On the surface, the wild swings in Ethereum reserve-related stocks may resemble the “speculative boom-and-bust cycles” common in Meme coins, but the strategies adopted by the first companies to deploy Ethereum reserves are fundamentally different. Rather than relying on hype or passive holdings, these companies position Ethereum as a “productive reserve asset”, earning native returns through staking, or in some cases investing in more complex DeFi strategies. This feature contrasts it with the pioneers of Bitcoin reserves: the latter follow a “passive digital gold” model and often finance their holdings through highly leveraged convertible bonds. In contrast, the four Ethereum reserve companies, SharpLink, BitMine, Bit Digital, and GameSquare, all implemented their strategies through equity financing support, thus avoiding the structural vulnerabilities brought about by debt repayment pressure and peak debt maturities.
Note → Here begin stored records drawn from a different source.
-- ===== src/Coherence/Mirror.antt =====
-- The news says of each key of the locker what the commit leaves under it.
use crossbank.Prelude.{
  ℕ, ◌≡◌, ◌≢◌, refl, ap, sym, subst, ◌∙◌, Bool, true, false, ◌&&◌, not, Option, none, some, List,
  [], ◌∷◌, ◌++◌, arith, if◌then◌else◌, leb, length, All, Bool-cases, inl, inr, ◌⊎◌,
}
use crossbank.Error.{Result, ok, err, panic}
use crossbank.Bytes.{Bytes, IsBytes, bytes_eq, bytes_eq_iff}
use crossbank.Bytes.Number.{to_be}
use crossbank.Backend.Api.{
  records, meta, chunks, Bound, unbounded, included, excluded, KeyRange, contains, Op, put, delete,
  delete_range,
}
use crossbank.Backend.Memory.Refines.{effect, effects}
use crossbank.Key.{LockerId, encode_bytes, decode_bytes, locker_range}
use crossbank.Key.Scope.{contains-locker_range}
use crossbank.Key.Laws.{IsId, decode-encode_self, encode-decode}
use crossbank.Locker.Chunk.{is_pointer}
use crossbank.Coherence.{
  inline_limit, Change, Announcement, announce_news, announcement_from_ops, News, range_eq,
  bound_eq, put_change, delete_change, push, news_step, news_of,
}
use crossbank.Coherence.LastChange.{last_change, last_change-snoc}

-- What the news says of a key, against the value it had and the value it has.
abbrev Says : Bool → Option Change → Option Bytes → Option Bytes → Type 0
Says is_cleared none old new = new ≡ (if is_cleared then none else old)
Says is_cleared (some c) old new =
    ((c.is_deleted ≡ true) × (new ≡ none))
    ⊎ ((v : Bytes) × (c.is_deleted ≡ false)
        × (new ≡ some v)
        × ((c.value ≡ none) ⊎ (c.value ≡ some v)))

abbrev Mirrors : Bytes → News → Option Bytes → Option Bytes → Type 0
Mirrors k news old new = Says news.0 (last_change k news.1) old new

bytes_eq-append : (p a b : Bytes) → bytes_eq (p ++ a) (p ++ b) ≡ bytes_eq a b
unfolding bytes_eq
bytes_eq-append [] a b = refl
bytes_eq-append (x ∷ p) a b = ground (arith, bytes_eq-append p a b)

bool_clash : {b : Bool} → b ≡ true → b ≡ false → ⊥
bool_clash t f = absurd (ground arith)

eq_of_bound_eq : (a b : Bound Bytes) → bound_eq a b ≡ true → a ≡ b
unfolding bound_eq
eq_of_bound_eq unbounded unbounded h = refl
eq_of_bound_eq (included a) (included b) h = ap included ((bytes_eq_iff a b).0 h)
eq_of_bound_eq (excluded a) (excluded b) h = ap excluded ((bytes_eq_iff a b).0 h)
eq_of_bound_eq unbounded (included b) h = absurd (ground arith)
eq_of_bound_eq unbounded (excluded b) h = absurd (ground arith)
eq_of_bound_eq (included a) unbounded h = absurd (ground arith)
eq_of_bound_eq (included a) (excluded b) h = absurd (ground arith)
eq_of_bound_eq (excluded a) unbounded h = absurd (ground arith)
eq_of_bound_eq (excluded a) (included b) h = absurd (ground arith)

eq_of_range_eq : (r s : KeyRange) → range_eq r s ≡ true → r ≡ s
unfolding range_eq
eq_of_range_eq r s h =
    let start : bound_eq r.start s.start ≡ true = ground arith in
    let finish : bound_eq r.finish s.finish ≡ true = ground arith in
    ap (λ x. record r { start = x }) (eq_of_bound_eq r.start s.start start)
    ∙ ap (λ x. record s { finish = x }) (eq_of_bound_eq r.finish s.finish finish)

push-unchanged :
    (news : News) (change : Bytes → Change) (r : Result Bytes)
    → ((u : Bytes) → r ≢ ok u)
    → push news change r ≡ news
unfolding push
push-unchanged news change (ok u) ne = absurd (ne u refl)
push-unchanged news change (err e) ne = refl
push-unchanged news change panic ne = refl

-- The mutations that a commit of the locker is made of: keys of bytes, and ranges of records that are
-- the whole locker or leave the key alone.
abbrev InScope : LockerId → Bytes → Op → Type 0
InScope id k (put records key value) = IsBytes key
InScope id k (delete records key) = IsBytes key
InScope id k (delete_range records r) =
    (range_eq r (locker_range id) ≡ true) ⊎ (contains r (encode_bytes id k) ≡ false)
InScope id k _ = Unit

module _ (id : LockerId) (fits : IsId id) (k : Bytes) (kb : IsBytes k) (old : Option Bytes) where
  pushed :
      (news : News) (c : Change) (cur new : Option Bytes)
      → Mirrors k news old cur
      → (bytes_eq c.key k ≡ true → Says news.0 (some c) old new)
      → (bytes_eq c.key k ≡ false → new ≡ cur)
      → Mirrors k (news.0, news.1 ++ c ∷ []) old new
  pushed news c cur new m hit miss =
      subst (λ o. Says news.0 o old new) (sym (last_change-snoc k news.1 c))
        (elim (Bool-cases (bytes_eq c.key k)) [ inl e ↦ rw e (hit e) | inr n ↦ rw (n, miss n) m ])

  not_own :
      (key : Bytes) (r : Result Bytes)
      → decode_bytes id key ≡ r
      → r ≢ ok k
      → bytes_eq key (encode_bytes id k) ≡ false
  not_own key r e ne = elim (Bool-cases (bytes_eq key (encode_bytes id k))) [
    | inl same ↦
        let own = ap (decode_bytes id) ((bytes_eq_iff key (encode_bytes id k)).0 same) in
        absurd (ne (sym e ∙ own ∙ decode-encode_self id k fits))
    | inr n ↦ n
  ]

  -- A stored key is the key's own exactly where it decodes to it.
  own_key :
      (key : Bytes)
      → IsBytes key
      → (r : Result Bytes) → decode_bytes id key ≡ r
      → ((u : Bytes) × (r ≡ ok u) × (bytes_eq key (encode_bytes id k) ≡ bytes_eq u k))
        ⊎ (((u : Bytes) → r ≢ ok u) × (bytes_eq key (encode_bytes id k) ≡ false))
  own_key key b (ok u) e = inl (
    u,
    refl,
    rw (encode-decode id key u b e) (unfold encode_bytes in bytes_eq-append (to_be 4 id) u k),
  )
  own_key key b (err why) e =
      inr (λ u h. absurd (ground arith), not_own key (err why) e (λ h. absurd (ground arith)))
  own_key key b panic e =
      inr (λ u h. absurd (ground arith), not_own key panic e (λ h. absurd (ground arith)))

  -- A change to a record, and what it leaves under the key.
  recorded :
      (news : News) (key : Bytes) (change : Bytes → Change) (cur value : Option Bytes)
      → IsBytes key
      → Mirrors k news old cur
      → ((u : Bytes) → (change u).key ≡ u)
      → ((u : Bytes) → Says news.0 (some (change u)) old value)
      → Mirrors k
          (push news change (decode_bytes id key))
          old
          (if bytes_eq key (encode_bytes id k) then value else cur)
  unfolding push
  recorded news key change cur value b m named says =
      elim (own_key key b (decode_bytes id key) refl) [
        | inl (u, e, same) ↦
            rw (e, same)
              (pushed news (change u) cur (if bytes_eq u k then value else cur) m
                (λ h. let h' = rw (named u) at h in rw h' (says u))
                (λ h. let h' = rw (named u) at h in rw h' refl))
        | inr (other, n) ↦ rw (n, push-unchanged news change (decode_bytes id key) other) m
      ]

  covers :
      (r : KeyRange) → range_eq r (locker_range id) ≡ true → contains r (encode_bytes id k) ≡ true
  covers r e =
      ap (λ r. contains r (encode_bytes id k)) (eq_of_range_eq r (locker_range id) e)
      ∙ contains-locker_range id k kb

  -- A put carries its value or says nothing of it.
  carried :
      (u value : Bytes)
      → ((put_change u value).value ≡ none) ⊎ ((put_change u value).value ≡ some value)
  unfolding put_change
  carried u value = elim (Bool-cases (leb (length value) inline_limit && not (is_pointer value))) [
    | inl e ↦ inr (rw e refl)
    | inr n ↦ inl (rw n refl)
  ]

  step-Mirrors :
      (news : News) (op : Op) (cur : Option Bytes)
      → InScope id k op
      → Mirrors k news old cur
      → Mirrors k (news_step id news op) old (effect op records (encode_bytes id k) cur)
  unfolding news_step
  step-Mirrors news (put records key value) cur b m =
      recorded news key (λ u. put_change u value) cur (some value) b m
        (λ u. unfold put_change in refl)
        (λ u. inr (value, unfold put_change in refl, refl, carried u value))
  step-Mirrors news (delete records key) cur b m =
      recorded news key delete_change cur none b m (λ u. refl) (λ u. inl (refl, refl))
  step-Mirrors news (delete_range records r) cur (inl e) m = rw (e, covers r e) refl
  step-Mirrors news (delete_range records r) cur (inr n) m =
      elim (Bool-cases (range_eq r (locker_range id))) [
        | inl e ↦ absurd (bool_clash (covers r e) n)
        | inr apart ↦ rw (apart, n) m
      ]
  step-Mirrors news (put meta key value) cur b m = m
  step-Mirrors news (put chunks key value) cur b m = m
  step-Mirrors news (delete meta key) cur b m = m
  step-Mirrors news (delete chunks key) cur b m = m
  step-Mirrors news (delete_range meta r) cur b m = m
  step-Mirrors news (delete_range chunks r) cur b m = m

  news_of-Mirrors :
      (news : News) (ops : List Op) (cur : Option Bytes)
      → All (InScope id k) ops
      → Mirrors k news old cur
      → Mirrors k (news_of id news ops) old (effects ops records (encode_bytes id k) cur)
  unfolding news_of
  news_of-Mirrors news [] cur a m = m
  news_of-Mirrors news (op ∷ ops) cur a m =
      news_of-Mirrors (news_step id news op) ops _ a.1 (step-Mirrors news op cur a.0 m)

-- What another tab is told of a key, against the value before and after the commit.
abbrev pub Told : LockerId → ℕ → Bytes → Option Announcement → Option Bytes → Option Bytes → Type 0
Told id epoch k none old new = new ≡ old
Told id epoch k (some a) old new =
    Mirrors k (a.is_cleared, a.changes) old new × (a.locker_id ≡ id) × (a.epoch ≡ epoch)

Told-news :
    (instance_id : ℕ) (id : LockerId) (epoch : ℕ) (k : Bytes) (is_cleared : Bool)
    (changes : List Change) (old new : Option Bytes)
    → Mirrors k (is_cleared, changes) old new
    → Told id epoch k (announce_news instance_id id epoch (is_cleared, changes)) old new
unfolding announce_news
Told-news instance_id id epoch k false [] old new m = m
Told-news instance_id id epoch k true [] old new m = (m, refl, refl)
Told-news instance_id id epoch k false (c ∷ cs) old new m = (m, refl, refl)
Told-news instance_id id epoch k true (c ∷ cs) old new m = (m, refl, refl)

-- The news of a commit is true and complete. For each key of the locker, a last change that deletes
-- it means that the commit leaves nothing there; any other last change means that a record is there,
-- and a carried value is that record; where the news names no change, the record is gone if the
-- locker was cleared and untouched if not. Without an announcement the record is untouched. The keys
-- are byte strings, and a range of records that the commit deletes is the whole locker or leaves the
-- key alone.
pub announcement_from_ops-Told :
    (instance_id : ℕ) (id : LockerId) (epoch : ℕ) (k : Bytes) (ops : List Op) (old : Option Bytes)
    → IsId id
    → IsBytes k
    → All (InScope id k) ops
    → Told id epoch k
        (announcement_from_ops instance_id id epoch ops)
        old
        (effects ops records (encode_bytes id k) old)
unfolding announcement_from_ops
announcement_from_ops-Told instance_id id epoch k ops old fits kb a =
    let news = news_of id (false, []) ops in
    Told-news instance_id id epoch k news.0 news.1 old _
      (news_of-Mirrors id fits k kb old (false, []) ops old a refl)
Moreover, this capital is not idle. By staking Ethereum, enterprises directly contribute to the security of network validators and the stability of the protocol layer; and companies like GameSquare that plan to deploy DeFi native income strategies may also inject vitality into Ethereum infrastructure such as liquidity provision and lending markets.

While challenges such as dilution risk, smart contract exposure, and price volatility remain, investors can use tools such as dilution impact analysis and premium-to-book ratios to comprehensively assess downside risk and return-driven upside potential. Ultimately, this first batch of Ethereum reserve models demonstrates a more deeply engaged and capital-productive way of operating. Although it has spawned a class of on-chain corporate reserves that are exposed to market volatility, this model still has the potential to inject momentum into the strengthening of the Ethereum ecosystem.
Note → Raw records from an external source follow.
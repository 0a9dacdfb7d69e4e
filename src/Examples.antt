-- ===== src/Examples.antt =====
-- Runs of the modelled code on concrete inputs, and its theorems at them.
pub mod Values
pub mod Backends
pub mod Lockers
pub mod Accounting
pub mod Streams
pub mod Residents
pub mod Eagers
Disclosure: As of the date of this report, entities affiliated with Galaxy Digital are currently invested in BitMine and SharpLink Gaming.

This article is from a submission and does not represent the Daily position. If reprinted, please indicate the source.

ODAILY reminds readers to establish correct monetary and investment concepts, rationally view blockchain, and effectively improve risk awareness; We can actively report and report any illegal or criminal clues discovered to relevant departments.